# Verzinktes Blech



## Teich Volker (15. Juni 2010)

Hallo Zusammen,

ich habe eine kurze Frage, die ich mit der Suche leider nicht schlüssig beantworten konnte. Daher die neue Eingabe zum Thema Zink...

Ich habe einen selbstgebauten Schwerkraftfilter im Einsatz und habe dort gestern um den Klarwasserbereich im Fass besser zu trennen eine Matte aus "verzinktem" Blech eingesetzt. Ohne "vorher" drüber nachzudenken.... :-(
Es handelt sich dabei um so eine Matte aus dem Baumarkt, die man in den Putz von Wänden einbauen kann. Ich denke diese ist galvanisch verzinkt.

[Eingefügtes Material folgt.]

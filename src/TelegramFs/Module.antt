-- ===== src/TelegramFs/Module.antt =====
-- `telegram_init` and `telegram_exit` of telegram-fs/kmodule/main.c: what they register in the kernel, by
-- what the kernel answers. Errors are positive numbers; 0 is success. Giving back what is not registered
-- changes nothing.
pub mod Clean
mod Tests
use doomsday_kernel_modules.Base.{
  ℕ, zero, suc, ◌+◌, ◌≡◌, Bool, true, false, List, [], replicate, ◌==◌, if◌then◌else◌,
}
use doomsday_kernel_modules.TelegramFs.Bus.{Bus, bus_queue_size, no_message}
use doomsday_kernel_modules.TelegramFs.Chat.{Chat, Telegram, max_chats, msg_buff_size}

-- The answers of the kernel. The results of `cdev_add` and `device_create` for a chat are not looked at.
pub record Answers : Type 0 where
  pub chats_region_error : ℕ
  pub class_error : ℕ
  pub chat_cdev_adds : ℕ → Bool
  pub chat_device_creates : ℕ → Bool
  pub bus_region_error : ℕ
  pub bus_cdev_error : ℕ
  pub bus_device_creates : Bool

-- What the module has registered; chats by their numbers.
pub record Registered : Type 0 where
  pub chats_region : Bool
  pub class : Bool
  pub chat_cdev : ℕ → Bool
  pub chat_device : ℕ → Bool
  pub bus_region : Bool
  pub bus_cdev : Bool
  pub bus_device : Bool

abbrev pub nothing : Registered
nothing = record {
  chats_region = false;
  class = false;
  chat_cdev = λ i. false;
  chat_device = λ i. false;
  bus_region = false;
  bus_cdev = false;
  bus_device = false;
}

abbrev pub update : (ℕ → Bool) → ℕ → Bool → ℕ → Bool
update f i v j = if i == j then v else f j

-- `for (i = 0; i < MAX_CHATS; i++) { ... cdev_add(...); device_create(...); }`
unfoldable pub add_chats : Answers → ℕ → ℕ → Registered → Registered
add_chats answers zero i reg = reg
add_chats answers (suc left) i reg = add_chats answers left (i + 1) record reg {
  chat_cdev = update reg.chat_cdev i (answers.chat_cdev_adds i);
  chat_device = update reg.chat_device i (answers.chat_device_creates i);
}

-- `for (i = 0; i < MAX_CHATS; i++) { device_destroy(...); cdev_del(...); }`
unfoldable pub remove_chats : ℕ → ℕ → Registered → Registered
remove_chats zero i reg = reg
remove_chats (suc left) i reg = remove_chats left (i + 1) record reg {
  chat_device = update reg.chat_device i false;
  chat_cdev = update reg.chat_cdev i false;
}

-- From the label `err_bus_region` on, and the end of `telegram_exit`.
unfoldable pub err_bus_region : Registered → Registered
unfolding remove_chats
err_bus_region reg = record (remove_chats max_chats 0 reg) { class = false; chats_region = false }

-- The part of `telegram_init` behind the chats.
unfoldable pub add_bus : Answers → Registered → ℕ × Registered
unfolding err_bus_region
add_bus answers reg =
    let reg' = record reg { bus_region = true } in
    let reg'' = record reg' { bus_cdev = true; bus_device = answers.bus_device_creates } in
    if answers.bus_region_error == 0
    then (if answers.bus_cdev_error == 0
        then (0, reg'')
        else (answers.bus_cdev_error, err_bus_region record reg' { bus_region = false }))
    else (answers.bus_region_error, err_bus_region reg)

unfoldable pub telegram_init : Answers → Registered → ℕ × Registered
unfolding add_chats add_bus
telegram_init answers reg =
    let with_region = record reg { chats_region = true } in
    let with_class = record with_region { class = true } in
    let rest = add_bus answers (add_chats answers max_chats 0 with_class) in
    if answers.chats_region_error == 0
    then (if answers.class_error == 0
        then rest
        else (answers.class_error, record with_region { chats_region = false }))
    else (answers.chats_region_error, reg)

unfoldable pub telegram_exit : Registered → Registered
unfolding err_bus_region
telegram_exit reg =
    err_bus_region record reg { bus_device = false; bus_cdev = false; bus_region = false }

-- The global variables as the module finds them, and as `telegram_init` leaves them.
unfoldable pub loaded_state : Telegram
loaded_state = record {
  chats =
      replicate max_chats record { buffer = replicate msg_buff_size 0; buf_len = 0; chat_id = [] };
  tg_bus = record { queue = replicate bus_queue_size no_message; count = 0; head = 0; tail = 0 };
}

Ist es sinnvoll diese wieder aus dem Filter zu entnehmen, oder kann man diese Matte ca. 30x50 cm mit ruhigem Gewissen im Filterkreislauf belassen?

Grüße Volker


----------



## Eugen (15. Juni 2010)

*AW: Verzinktes Blech*

Hi Volker,
stimmen die Größenangaben für deinen Teich 
Wenn ja,warum dann so einen Filteraufwand ?
Aber zu deiner Frage,ich habe einige Zinkwannen als Miniteiche am Laufen und im letzten Jahr sogar mal getestet,ob diese Zink abgeben. Ergebnis: Nein
Allerdings sind das schon uralte Gefäße.
Sollte "frisches" Zinkblech doch was abgeben,wird man es am Pflanzenwuchs merken.
Ich glaub es allerdings nicht,da sich erst mal ZnO bilden sollte,das dann wie eine Schutzschicht wirkt.


----------



## Teich Volker (15. Juni 2010)

*AW: Verzinktes Blech*

Hallo,



> stimmen die Größenangaben für deinen Teich



danke für die schnelle Antwort.... Das verzinkte Gitter ist 30x50cm, nicht der Teich. ;-)

Grüße Volker


----------



## Eugen (15. Juni 2010)

*AW: Verzinktes Blech*


das dachte ich mir schon, trotzdem: hat dein Teich wirklich nur 800 Liter


----------



## Teich Volker (15. Juni 2010)

*AW: Verzinktes Blech*



Eugen schrieb:


> das dachte ich mir schon, trotzdem: hat dein Teich wirklich nur 800 Liter




Wo steht was von 800 Litern?

Nachtrag:
Ahh, mein Profil.... das war veraltet. Ich habe den Teich inzwischen vergrössert....


----------



## Teich Volker (15. Juni 2010)

*AW: Verzinktes Blech*

Hallo,

kommt eventuelle noch eine Meinung zum Thema Zink? Ansonsten lasse ich das jetzt ersteinmal drinnen und hoffe das nichts passiert. 

grüße Volker


----------



## Turbo (15. Juni 2010)

*AW: Verzinktes Blech*

Hallo

Ideal währe es, wenn dein verzinktes Gitter schon ein wenig oxidiert währe. 
Dies ist die natürliche Schutzschicht welche Zink aufbaut. 
War es noch richtig glänzend als du es eingebaut hast oder schon ein wenig matt und abgestumpft?
Wenn es matt ist, besteht die Oxydschicht bereits was gut für die Lebendauer des Gitters ist. 
Wenn nicht, auch nicht weiter tragisch. Ich würde es drinn lassen.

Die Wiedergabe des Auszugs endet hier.